Unfortunately, not all City kids have families who can afford to send them to camps, take them to country houses, or even get away for a long weekend. For over 130 years, the Fresh Air Fund has been providing economically disadvantaged youngsters with summer vacations in the country. To do this, it has relied on people with primary or vacation homes in rural areas not too far from the City to host a child for a week or ten days. Details of the program can be found at the Fresh Air Fund website.

This year, the Fund is in need of more families willing to host City kids for a short but very important vacation. Volunteers are especially needed to host older children (9-12) and boys. The Fund, of course, checks all volunteer hosts for suitability, and the vetting process for this summer must be completed by the end of this month. So, if you have a house in upstate New York, northern New Jersey, eastern Pennsylvania, central Massachusetts or Cape Cod, and would like to share a small part of your summer with a City child, please go to the website (there's a schedule of what areas and communities will be hosting Fresh Air children on what dates on the web page) and contact the Fund through the links provided on the site. If you cannot host a child, but want to help the Fund in its good works, you may also make a financial donation through the website.

Please give this your consideration, and be aware that time is of the essence. Unless more host families can be found quickly, as many as 200 children may not be able to enjoy summer vacations.

Tuesday, July 15, 2008

Bet the inmates had fun making this one.


Yours truly in Mickey D's parking lot, Sturbridge, Massachusetts, on the trip back from Maine after dropping Liz off at camp. I got the car from Avis in Brooklyn, but it had Nutmeg State tags.

I need to keep working on that paunch. More Bridge walks, less Cognac.

Addendum: The car is a Dodge Avenger, and that's a name with a history. The first "Avenger" in the Chrysler family was made by Hillman, part of the British auto manufacturer Rootes Group, which was taken over by Chrysler in the late 1960s. Versions of the Hillman Avenger were marketed in the U.S. as the Dodge Polara and Plymouth Cricket. My second car was a pre-Chrysler Rootes product, a 1965 Sunbeam Alpine.

Monday, July 14, 2008

"I can call spirits from the vasty deep."

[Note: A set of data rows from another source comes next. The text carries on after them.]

-- ===== src/Orchestrator/Build/Actions/Fuel.antt =====
-- How much fuel the recursion of `build_actions` of tierkreis/src/orchestrator.rs needs: it goes into
-- the subgraph of a node that has a state in the run, and the location gets longer.
use tierkreis.Base.{
  ℕ, zero, suc, ◌+◌, ◌<◌, ◌≤◌, ◌≡◌, inl, inr, refl, String, Bool, true, false, Option, List, [],
  ◌∷◌, ◌++◌, arith, length, length-append, bind_cong, Option-cases, pair_eq, nat_eq,
}
use tierkreis.Bits.{BitVec}
use tierkreis.Location.{
  Component, node, loop_index, map_index, with_node, with_map_index, component_eq, location_eq,
}
use tierkreis.State.{Nodes}
use tierkreis.Graph.{
  PortGraph, NodeDefinition, input, output, const, if_else, eager_if_else, task, eval, loop,
  map_over, WorkflowGraph,
}
use tierkreis.Orchestrator.Build.{Context, with_location, with_execution_context, Shared, Services}
use tierkreis.Orchestrator.Build.Nested.{
  loop_index_at, build_eval_actions, build_iteration, build_loop_actions, build_map_elem,
  build_map_elems, build_subsequent_map_actions, build_map_actions,
}
use tierkreis.Orchestrator.Build.Actions.{
  build_by_definition, build_node, build_nodes, build_ready, build_step, build_actions_within,
  collect_node_states, Build,
}
use tierkreis.Orchestrator.Build.Actions.Depth.{
  run_depth, IsShallow, collect_node_states-IsShallow, is_running-depth, loop_index_at-depth,
  map_completed_at-depth,
}

module _ {P : PortGraph} {J W : Type 0} (env : Services P J W) where
  module _ (build build' : Build env) (d p : ℕ)
      (agree : (context : Context J) (g : WorkflowGraph P J) (shared : Shared P J W)
        → suc p ≤ d
        → suc p ≤ length context.parent_loc
        → build context g shared ≡ build' context g shared) where
    node_agree :
        (context : Context J)
        → length context.parent_loc ≡ p
        → (n : ℕ) → length (with_node context.parent_loc n) ≤ d
        → (g : WorkflowGraph P J) (shared : Shared P J W)
        → build (with_location context (with_node context.parent_loc n)) g shared
          ≡ build' (with_location context (with_node context.parent_loc n)) g shared
    node_agree context here n h g shared =
        let longer = length-append context.parent_loc (node n ∷ []) in
        agree (with_location context (with_node context.parent_loc n)) g shared
          (omega (arith, here, h, longer)) (omega (arith, here, longer))

    -- the iteration of a loop, or the element of a map
    part_agree :
        (context : Context J)
        → length context.parent_loc ≡ p
        → (n : ℕ) (c : Component) → length (with_node context.parent_loc n) ≤ d
        → (g : WorkflowGraph P J) (shared : Shared P J W)
        → build (with_location context (with_node context.parent_loc n ++ c ∷ [])) g shared
          ≡ build' (with_location context (with_node context.parent_loc n ++ c ∷ [])) g shared
    part_agree context here n c h g shared =
        let longer = length-append context.parent_loc (node n ∷ []) in
        let longest = length-append (with_node context.parent_loc n) (c ∷ []) in
        agree (with_location context (with_node context.parent_loc n ++ c ∷ [])) g shared
          (omega (arith, here, h, longer)) (omega (arith, here, longer, longest))

    elem_agree :
        (context : Context J)
        → length context.parent_loc ≡ p
        → (n : ℕ) → length (with_node context.parent_loc n) ≤ d
        → (map_size : ℕ) (g : WorkflowGraph P J) (index : ℕ) (completed : Bool)
          (shared : Shared P J W)
        → build_map_elem env build context n map_size g index completed shared
          ≡ build_map_elem env build' context n map_size g index completed shared
    unfolding build_map_elem with_map_index
    elem_agree context here n h map_size g index true shared = refl
    elem_agree context here n h map_size g index false shared =
        ground (arith, part_agree context here n (map_index index) h g shared)

    elems_agree :
        (context : Context J)
        → length context.parent_loc ≡ p
        → (n : ℕ) → length (with_node context.parent_loc n) ≤ d
        → (map_size : ℕ) (g : WorkflowGraph P J) (index : ℕ) (completed : BitVec)
          (shared : Shared P J W)
        → build_map_elems env build context n map_size g index completed shared
          ≡ build_map_elems env build' context n map_size g index completed shared
    unfolding build_map_elems
    elems_agree context here n h map_size g index [] shared = refl
    elems_agree context here n h map_size g index (c ∷ completed) shared = grind (
      arith,
      elem_agree context here n h map_size g index c shared,
      elems_agree context here n h map_size g (suc index) completed,
    )

    module _ (nodes : Nodes) (shallow : IsShallow d nodes) where
      eval_agree :
          (context : Context J)
          → length context.parent_loc ≡ p
          → (g : WorkflowGraph P J) (n : ℕ) (shared : Shared P J W)
          → build_eval_actions env build context g nodes n shared
            ≡ build_eval_actions env build' context g nodes n shared
      unfolding build_eval_actions
      eval_agree context here g n shared = grind (
        arith,
        is_running-depth d nodes shallow (with_node context.parent_loc n),
        node_agree context here n,
      )

      iteration_agree :
          (context : Context J)
          → length context.parent_loc ≡ p
          → (g : WorkflowGraph P J) (n : ℕ) (name : Option String) (index : ℕ)
          → length (with_node context.parent_loc n) ≤ d
          → (shared : Shared P J W)
          → build_iteration env build context g nodes n name index shared
            ≡ build_iteration env build' context g nodes n name index shared
      unfolding build_iteration
      iteration_agree context here g n name index h shared =
          grind (arith, part_agree context here n (loop_index index) h)

      loop_agree :
          (context : Context J)
          → length context.parent_loc ≡ p
          → (g : WorkflowGraph P J) (n : ℕ) (name : Option String) (shared : Shared P J W)
          → build_loop_actions env build context g nodes n name shared
            ≡ build_loop_actions env build' context g nodes n name shared
      unfolding build_loop_actions
      loop_agree context here g n name shared =
          elim (Option-cases (loop_index_at nodes (with_node context.parent_loc n))) [
            | inl e ↦ ground (arith, e)
            | inr (index, e) ↦ ground (
              arith,
              e,
              iteration_agree context here g n name index
                  (loop_index_at-depth d nodes shallow (with_node context.parent_loc n) index e)
                  shared,
            )
          ]

      map_agree :
          (context : Context J)
          → length context.parent_loc ≡ p
          → (g : WorkflowGraph P J) (ports : List String) (n : ℕ) (shared : Shared P J W)
          → build_map_actions env build context g nodes ports n shared
            ≡ build_map_actions env build' context g nodes ports n shared
      unfolding build_map_actions build_subsequent_map_actions
      map_agree context here g ports n shared = grind (
        arith,
        map_completed_at-depth d nodes shallow (with_node context.parent_loc n),
        elems_agree context here n,
      )

      definition_agree :
          (context : Context J)
          → length context.parent_loc ≡ p
          → (g : WorkflowGraph P J) (n : ℕ) (definition : NodeDefinition J) (shared : Shared P J W)
          → build_by_definition env build context g nodes n definition shared
            ≡ build_by_definition env build' context g nodes n definition shared
      unfolding build_by_definition with_execution_context
      definition_agree context here g n (input name) shared = refl
      definition_agree context here g n (const value) shared = refl
      definition_agree context here g n output shared = refl
      definition_agree context here g n (task worker name requested executor) shared = refl
      definition_agree context here g n if_else shared = refl
      definition_agree context here g n eager_if_else shared = refl
      definition_agree context here g n (eval requested executor) shared =
          eval_agree (with_execution_context context requested executor) here g n shared
      definition_agree context here g n (loop requested executor) shared =
          loop_agree (with_execution_context context requested executor) here g n _ shared
      definition_agree context here g n (map_over ports requested executor) shared =
          map_agree (with_execution_context context requested executor) here g ports n shared

      node_step_agree :
          (context : Context J)
          → length context.parent_loc ≡ p
          → (g : WorkflowGraph P J) (n : ℕ) (shared : Shared P J W)
          → build_node env build context g nodes n shared
            ≡ build_node env build' context g nodes n shared
      unfolding build_node
      node_step_agree context here g n shared = grind (arith, definition_agree context here g n)

      nodes_agree :
          (context : Context J)
          → length context.parent_loc ≡ p
          → (g : WorkflowGraph P J) (ready : List ℕ) (shared : Shared P J W)
          → build_nodes env build context g nodes ready shared
            ≡ build_nodes env build' context g nodes ready shared
      unfolding build_nodes
      nodes_agree context here g [] shared = refl
      nodes_agree context here g (n ∷ ready) shared =
          grind (arith, node_step_agree context here g n shared, nodes_agree context here g ready)

      ready_agree :
          (context : Context J)
          → length context.parent_loc ≡ p
          → (g : WorkflowGraph P J) (ready : List ℕ) (shared : Shared P J W)
          → build_ready env build context g nodes ready shared
            ≡ build_ready env build' context g nodes ready shared
      unfolding build_ready
      ready_agree context here g [] shared = refl
      ready_agree context here g (n ∷ ready) shared = nodes_agree context here g (n ∷ ready) _

    step_agree :
        (context : Context J)
        → length context.parent_loc ≡ p
        → run_depth env.run env.state ≡ d
        → (g : WorkflowGraph P J) (shared : Shared P J W)
        → build_step env build context g shared ≡ build_step env build' context g shared
    unfolding build_step
    step_agree context here deep g shared =
        bind_cong (collect_node_states env context g) _ _ (λ nodes e.
          let shallow : IsShallow d nodes =
            rw (← deep) (collect_node_states-IsShallow env context g nodes e) in
          grind (arith, ready_agree nodes shallow context here g))

  -- Building actions does not depend on what happens when there is no fuel left, nor on the fuel:
  -- with at least one unit, and with more than the longest location that has a state is longer than
  -- the location of the call, any two fuels and any two ends give the same result.
  pub build_actions_within-enough_fuel :
      (fuel fuel' : ℕ) (out_of_fuel out_of_fuel' : Build env) (context : Context J)
      (g : WorkflowGraph P J) (shared : Shared P J W)
      → 0 < fuel
      → 0 < fuel'
      → run_depth env.run env.state < length context.parent_loc + fuel
      → run_depth env.run env.state < length context.parent_loc + fuel'
      → build_actions_within env out_of_fuel fuel context g shared
        ≡ build_actions_within env out_of_fuel' fuel' context g shared
  unfolding build_actions_within
  build_actions_within-enough_fuel zero fuel' b b' context g shared h k l m =
      absurd (omega (arith, h))
  build_actions_within-enough_fuel (suc fuel) zero b b' context g shared h k l m =
      absurd (omega (arith, k))
  build_actions_within-enough_fuel (suc fuel) (suc fuel') b b' context g shared h k l m =
      step_agree (build_actions_within env b fuel) (build_actions_within env b' fuel')
        (run_depth env.run env.state) (length context.parent_loc)
        (λ context' g' shared' d n.
          build_actions_within-enough_fuel fuel fuel' b b' context' g' shared' (omega (arith, l, d))
            (omega (arith, m, d)) (omega (arith, l, n)) (omega (arith, m, n)))
        context refl refl g shared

So says Glendower in Henry IV Part I*, Act 3, Scene 1. To this, Hotspur replies:
Why, so can I, or so can any man;
But will they come when you do call for them?
My efforts at baseball prognostication seem about as efficacious as Glendower's summoning of spirits. Just over a month ago, I posted here, declaring the Mets as good as dead this season. I also offered this gem of an opinion:
[F]iring the manager isn't going to do the trick. Indeed, at least in the short run, I think it's likely to make matters worse.
Well, in the short run, the Mets have a winning record since the Midnight (PDT) Massacre à trois, though it's an open question whether the change of managers caused this (perhaps a better theory, given the improvement in pitching, both from starters and bullpen, is that the change of pitching coaches made the difference), or whether we may just be seeing an instance of the Hawthorne effect.

Indeed, one of the things (perhaps the principal thing) that makes baseball fascinating is the number of variables involved in the outcome of any game, or season. Recognizing this, I'm foreswearing any further attempts at predicting the Mets' (or any other team's) fortunes after the All Star break.
___________

*Demonstrating the enormous effect Shakespeare has had on the understanding of English history, Sellar and Yeatman, in their magisterial 1066 and All That, assert that there were two Kings Henry IV: Henry IV Part I and Henry IV Part II.